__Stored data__
◇ ◇ ◇ ◇ ◇ ◇ ◇

-- ===== src/Core/Agent/Transcript.antt =====
-- The transcript of Chat Completions: a message that asks for tools is followed by their answers.
use simple_ai_agent.Common.{◌≡◌, refl, String, List, [], ◌∷◌, ◌++◌, length, arith}
use simple_ai_agent.Core.Agent.{
  NativeToolCall, BatchToolRecord, Role, words, finish_now, retry_empty, retry_invalid, tool_result,
  batch_result, no_calls_provided, call_summary, Message, said, asks, answers, Request,
  chat_request, output_request,
}
use simple_ai_agent.Core.Agent.Reading.{zip, results_of, messages_with_context}

-- The messages, while the answers to some calls are still to come.
unfoldable pub Awaiting : List NativeToolCall → List Message → Type 0
Awaiting [] [] = Unit
Awaiting [] (said role content ∷ ms) = Awaiting [] ms
Awaiting [] (asks content calls ∷ ms) = Awaiting calls ms
Awaiting [] (answers call output ∷ ms) = ⊥
Awaiting (c ∷ cs) [] = ⊥
Awaiting (c ∷ cs) (said role content ∷ ms) = ⊥
Awaiting (c ∷ cs) (asks content calls ∷ ms) = ⊥
Awaiting (c ∷ cs) (answers call output ∷ ms) = (call ≡ c) × Awaiting cs ms

-- Each message that asks for calls is followed by their answers, in order, and by no others.
unfoldable pub IsTranscript : List Message → Type 0
unfolding Awaiting
IsTranscript ms = Awaiting [] ms

-- A request that sends messages sends a transcript.
unfoldable pub IsAcceptable : Request → Type 0
unfolding IsTranscript
IsAcceptable (chat_request ms) = IsTranscript ms
IsAcceptable (output_request outputs) = Unit

pub Awaiting-append :
    (cs : List NativeToolCall) (xs ys : List Message)
    → Awaiting cs xs
    → Awaiting [] ys
    → Awaiting cs (xs ++ ys)
unfolding Awaiting
Awaiting-append [] [] ys h k = k
Awaiting-append [] (said role content ∷ xs) ys h k = Awaiting-append [] xs ys h k
Awaiting-append [] (asks content calls ∷ xs) ys h k = Awaiting-append calls xs ys h k
Awaiting-append [] (answers call output ∷ xs) ys h k = absurd h
Awaiting-append (c ∷ cs) [] ys h k = absurd h
Awaiting-append (c ∷ cs) (said role content ∷ xs) ys h k = absurd h
Awaiting-append (c ∷ cs) (asks content calls ∷ xs) ys h k = absurd h
Awaiting-append (c ∷ cs) (answers call output ∷ xs) ys (own, h) k =
    (own, Awaiting-append cs xs ys h k)

-- The answers that a batch gives, if it has a record for each call.
pub results_of-Awaiting :
    (records : List BatchToolRecord) (calls : List NativeToolCall)
    → length records ≡ length calls
    → Awaiting calls (results_of (zip records calls))
unfolding Awaiting zip results_of
results_of-Awaiting [] [] same = tt
results_of-Awaiting [] (c ∷ cs) same = absurd (omega arith)
results_of-Awaiting (r ∷ rs) [] same = absurd (omega arith)
results_of-Awaiting (r ∷ rs) (c ∷ cs) same = (refl, results_of-Awaiting rs cs (omega arith))

-- The context of a request leaves a transcript one.
pub messages_with_context-IsTranscript :
    (context : String) (ms : List Message)
    → IsTranscript ms
    → IsTranscript (messages_with_context context ms)
unfolding IsTranscript Awaiting messages_with_context
messages_with_context-IsTranscript context [] h = h
messages_with_context-IsTranscript context (said Role.system (words base) ∷ ms) h = h
messages_with_context-IsTranscript context (said Role.system (finish_now n) ∷ ms) h = h
messages_with_context-IsTranscript context (said Role.system (retry_empty b) ∷ ms) h = h
messages_with_context-IsTranscript context (said Role.system (retry_invalid e) ∷ ms) h = h
messages_with_context-IsTranscript context (said Role.system (tool_result s t) ∷ ms) h = h
messages_with_context-IsTranscript context (said Role.system (batch_result rs) ∷ ms) h = h
messages_with_context-IsTranscript context (said Role.system no_calls_provided ∷ ms) h = h
messages_with_context-IsTranscript context (said Role.system (call_summary cs) ∷ ms) h = h
messages_with_context-IsTranscript context (said Role.user content ∷ ms) h = h
messages_with_context-IsTranscript context (said Role.assistant content ∷ ms) h = h
messages_with_context-IsTranscript context (asks content calls ∷ ms) h = h
messages_with_context-IsTranscript context (answers call output ∷ ms) h = h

◇ ◇ ◇ ◇ ◇ ◇ ◇

__Task to carry out__
Write out every entry once more, precisely as it stands.

__Response area__
-- ===== src/Core/Agent/Transcript.antt =====
-- The transcript of Chat Completions: a message that asks for tools is followed by their answers.
use simple_ai_agent.Common.{◌≡◌, refl, String, List, [], ◌∷◌, ◌++◌, length, arith}
use simple_ai_agent.Core.Agent.{
  NativeToolCall, BatchToolRecord, Role, words, finish_now, retry_empty, retry_invalid, tool_result,
  batch_result, no_calls_provided, call_summary, Message, said, asks, answers, Request,
  chat_request, output_request,
}
use simple_ai_agent.Core.Agent.Reading.{zip, results_of, messages_with_context}

-- The messages, while the answers to some calls are still to come.
unfoldable pub Awaiting : List NativeToolCall → List Message → Type 0
Awaiting [] [] = Unit
Awaiting [] (said role content ∷ ms) = Awaiting [] ms
Awaiting [] (asks content calls ∷ ms) = Awaiting calls ms
Awaiting [] (answers call output ∷ ms) = ⊥
Awaiting (c ∷ cs) [] = ⊥
Awaiting (c ∷ cs) (said role content ∷ ms) = ⊥
Awaiting (c ∷ cs) (asks content calls ∷ ms) = ⊥
Awaiting (c ∷ cs) (answers call output ∷ ms) = (call ≡ c) × Awaiting cs ms

-- Each message that asks for calls is followed by their answers, in order, and by no others.
unfoldable pub IsTranscript : List Message → Type 0
unfolding Awaiting
IsTranscript ms = Awaiting [] ms

-- A request that sends messages sends a transcript.
unfoldable pub IsAcceptable : Request → Type 0
unfolding IsTranscript
IsAcceptable (chat_request ms) = IsTranscript ms
IsAcceptable (output_request outputs) = Unit

pub Awaiting-append :
    (cs : List NativeToolCall) (xs ys : List Message)
    → Awaiting cs xs
    → Awaiting [] ys
    → Awaiting cs (xs ++ ys)
unfolding Awaiting
Awaiting-append [] [] ys h k = k
Awaiting-append [] (said role content ∷ xs) ys h k = Awaiting-append [] xs ys h k
Awaiting-append [] (asks content calls ∷ xs) ys h k = Awaiting-append calls xs ys h k
Awaiting-append [] (answers call output ∷ xs) ys h k = absurd h
Awaiting-append (c ∷ cs) [] ys h k = absurd h
Awaiting-append (c ∷ cs) (said role content ∷ xs) ys h k = absurd h
Awaiting-append (c ∷ cs) (asks content calls ∷ xs) ys h k = absurd h
Awaiting-append (c ∷ cs) (answers call output ∷ xs) ys (own, h) k =
    (own, Awaiting-append cs xs ys h k)

-- The answers that a batch gives, if it has a record for each call.
pub results_of-Awaiting :
    (records : List BatchToolRecord) (calls : List NativeToolCall)
    → length records ≡ length calls
    → Awaiting calls (results_of (zip records calls))
unfolding Awaiting zip results_of
results_of-Awaiting [] [] same = tt
results_of-Awaiting [] (c ∷ cs) same = absurd (omega arith)
results_of-Awaiting (r ∷ rs) [] same = absurd (omega arith)
results_of-Awaiting (r ∷ rs) (c ∷ cs) same = (refl, results_of-Awaiting rs cs (omega arith))

-- The context of a request leaves a transcript one.
pub messages_with_context-IsTranscript :
    (context : String) (ms : List Message)
    → IsTranscript ms
    → IsTranscript (messages_with_context context ms)
unfolding IsTranscript Awaiting messages_with_context
messages_with_context-IsTranscript context [] h = h
messages_with_context-IsTranscript context (said Role.system (words base) ∷ ms) h = h
messages_with_context-IsTranscript context (said Role.system (finish_now n) ∷ ms) h = h
messages_with_context-IsTranscript context (said Role.system (retry_empty b) ∷ ms) h = h
messages_with_context-IsTranscript context (said Role.system (retry_invalid e) ∷ ms) h = h
messages_with_context-IsTranscript context (said Role.system (tool_result s t) ∷ ms) h = h
messages_with_context-IsTranscript context (said Role.system (batch_result rs) ∷ ms) h = h
messages_with_context-IsTranscript context (said Role.system no_calls_provided ∷ ms) h = h
messages_with_context-IsTranscript context (said Role.system (call_summary cs) ∷ ms) h = h
messages_with_context-IsTranscript context (said Role.user content ∷ ms) h = h
messages_with_context-IsTranscript context (said Role.assistant content ∷ ms) h = h
messages_with_context-IsTranscript context (asks content calls ∷ ms) h = h
messages_with_context-IsTranscript context (answers call output ∷ ms) h = h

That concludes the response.